Proceed With Caution

Credit Mistake: Settling Accounts

One of the most common mistakes consumers make is settling debts for less than what is owed without fully assessing how that account is reporting on your credit. For example, what is the Date of Last Activity (DLA) for the unsettled debt? The DLA determines when the account will cease to report on your credit – i.e. 7 years past the (DLA or last payment). Once you make a payment to settle an unpaid debt, the DLA changes to the date paid so the clock starts all over again and the debt has 7 years before it will stop reporting on your credit. It may be prudent not to settle debts that are close to 7 years from the (DLA) as they will fall off of your credit soon.

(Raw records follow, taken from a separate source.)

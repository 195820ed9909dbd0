-- ===== src/Logging/Pieces.antt =====
-- What a statement of the log puts on its stream, piece by piece.
use telnet_serv.Prelude.{
  ℕ, ◌+◌, ◌≤◌, ◌<◌, ◌≡◌, refl, sym, ap, ◌∙◌, Bool, not, List, [], ◌∷◌, ◌++◌, ◌==◌, if◌then◌else◌,
  map, length, take, arith, append_assoc, append-nil, length-append,
}
use telnet_serv.Terminal.{codes}
use telnet_serv.Logging.Source.{SourceFile}
use telnet_serv.Logging.{
  LogStream, LogLevel, trace, debug, info, warn, error, fatal, Macro, log_trace, log_debug,
  LogEvent, flushed, aborted, Globals, log_level_name, macro_level, saved_errno,
}

-- What the proofs need of LogStream: within its buffer of 4000 bytes, a text is put at the end, and
-- an int as its decimal digits.
pub record IsLogStream (l : LogStream) (show_int : ℕ → List ℕ) : Type 0 where
  pub buffer-empty : l.buffer l.empty ≡ []
  pub buffer-put :
      (t : List ℕ) (s : l.Stream)
      → length (l.buffer s) + length t < 4000
      → l.buffer (l.put t s) ≡ l.buffer s ++ t
  pub buffer-put_int :
      (n : ℕ) (s : l.Stream)
      → length (l.buffer s) + 32 ≤ 4000
      → l.buffer (l.put_int n s) ≡ l.buffer s ++ show_int n

-- What a statement puts on the stream, piece by piece.
pub data Piece : Type 0 where
  str : List ℕ → Piece
  num : ℕ → Piece

-- The end of a FATAL statement.
abbrev pub last_events : LogLevel → Globals → List LogEvent
last_events fatal g = if g.has_flush then flushed ∷ aborted ∷ [] else aborted ∷ []
last_events _ g = []

abbrev pub errno_pieces : ℕ → (ℕ → List ℕ) → List Piece
errno_pieces errno strerror =
    if not (errno == 0)
    then str (strerror errno) ∷ str (codes " (errno=") ∷ num errno ∷ str (codes ") ") ∷ []
    else []

abbrev pub func_pieces : Macro → List ℕ → List Piece
func_pieces log_trace func = str func ∷ str (b' ' ∷ []) ∷ []
func_pieces log_debug func = str func ∷ str (b' ' ∷ []) ∷ []
func_pieces _ func = []

-- The time, the thread, the level and the error; the function; the texts; the file and line.
abbrev pub pieces :
    List ℕ
    → List ℕ
    → List ℕ
    → (ℕ → List ℕ)
    → Macro
    → SourceFile
    → ℕ
    → List ℕ
    → ℕ
    → List (List ℕ)
    → List Piece
pieces second micro tid_string strerror macro file line func errno texts =
    str second
    ∷ str micro
    ∷ str tid_string
    ∷ str (log_level_name (macro_level macro))
    ∷ (errno_pieces (saved_errno macro errno) strerror
        ++ (func_pieces macro func
            ++ (map str texts
                ++ (str (codes " - ")
                    ∷ str (take file.size file.chars)
                    ∷ str (b':' ∷ [])
                    ∷ num line
                    ∷ str (b'\n' ∷ [])
                    ∷ []))))

pub same_last :
    (level : LogLevel) (g g' : Globals)
    → g'.has_flush ≡ g.has_flush
    → last_events level g' ≡ last_events level g
same_last fatal g g' h = ap (λ (b : Bool). if b then flushed ∷ aborted ∷ [] else aborted ∷ []) h
same_last trace g g' h = refl
same_last debug g g' h = refl
same_last info g g' h = refl
same_last warn g g' h = refl
same_last error g g' h = refl

module _ (l : LogStream) (show_int : ℕ → List ℕ) (laws : IsLogStream l show_int) where
  open l use {Stream, empty, put, put_int, buffer}

  unfoldable pub feed : List Piece → Stream → Stream
  feed [] s = s
  feed (str t ∷ ps) s = feed ps (put t s)
  feed (num n ∷ ps) s = feed ps (put_int n s)

  abbrev pub spell : List Piece → List ℕ
  spell [] = []
  spell (str t ∷ ps) = t ++ spell ps
  spell (num n ∷ ps) = show_int n ++ spell ps

  pub feed-append : (ps qs : List Piece) (s : Stream) → feed (ps ++ qs) s ≡ feed qs (feed ps s)
  unfolding feed
  feed-append [] qs s = refl
  feed-append (str t ∷ ps) qs s = feed-append ps qs (put t s)
  feed-append (num n ∷ ps) qs s = feed-append ps qs (put_int n s)

  -- Pieces that fit are spelt out at the end of the buffer.
  pub buffer-feed :
      (ps : List Piece) (s : Stream)
      → length (buffer s) + length (spell ps) + 32 ≤ 4000
      → buffer (feed ps s) ≡ buffer s ++ spell ps
  unfolding feed
  buffer-feed [] s h = sym (append-nil (buffer s))
  buffer-feed (str t ∷ ps) s h =
      let here : buffer (put t s) ≡ buffer s ++ t =
        laws.buffer-put t s (omega (arith, length-append t (spell ps))) in
      buffer-feed ps (put t s)
        (omega (arith, ap length here, length-append t (spell ps), length-append (buffer s) t))
      ∙ rw here (append_assoc (buffer s) t (spell ps))
  buffer-feed (num n ∷ ps) s h =
      let here : buffer (put_int n s) ≡ buffer s ++ show_int n =
        laws.buffer-put_int n s (omega arith) in
      buffer-feed ps (put_int n s) (
        omega (
          arith,
          ap length here,
          length-append (show_int n) (spell ps),
          length-append (buffer s) (show_int n),
        ))
      ∙ rw here (append_assoc (buffer s) (show_int n) (spell ps))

Although settling debts is not an ideal option, once the account is in collection status, the damage is already severe and the Past Due balance and Late Payments reporting can really negatively impact your credit scores if allowed to continue. Settling a debt is one way to “stop the bleeding” even though the ‘settled’ indicator in a credit report is actually derogatory. The only way to avoid the damage to your credit scores is to arrange a deal with the lender to report the account as ‘paid in full’ as opposed to ‘settled’ or ask them to delete the account after settlement. I’ve also found that once a debt has been settled, the creditor may not respond to credit disputes and that could result in the deletion of the account!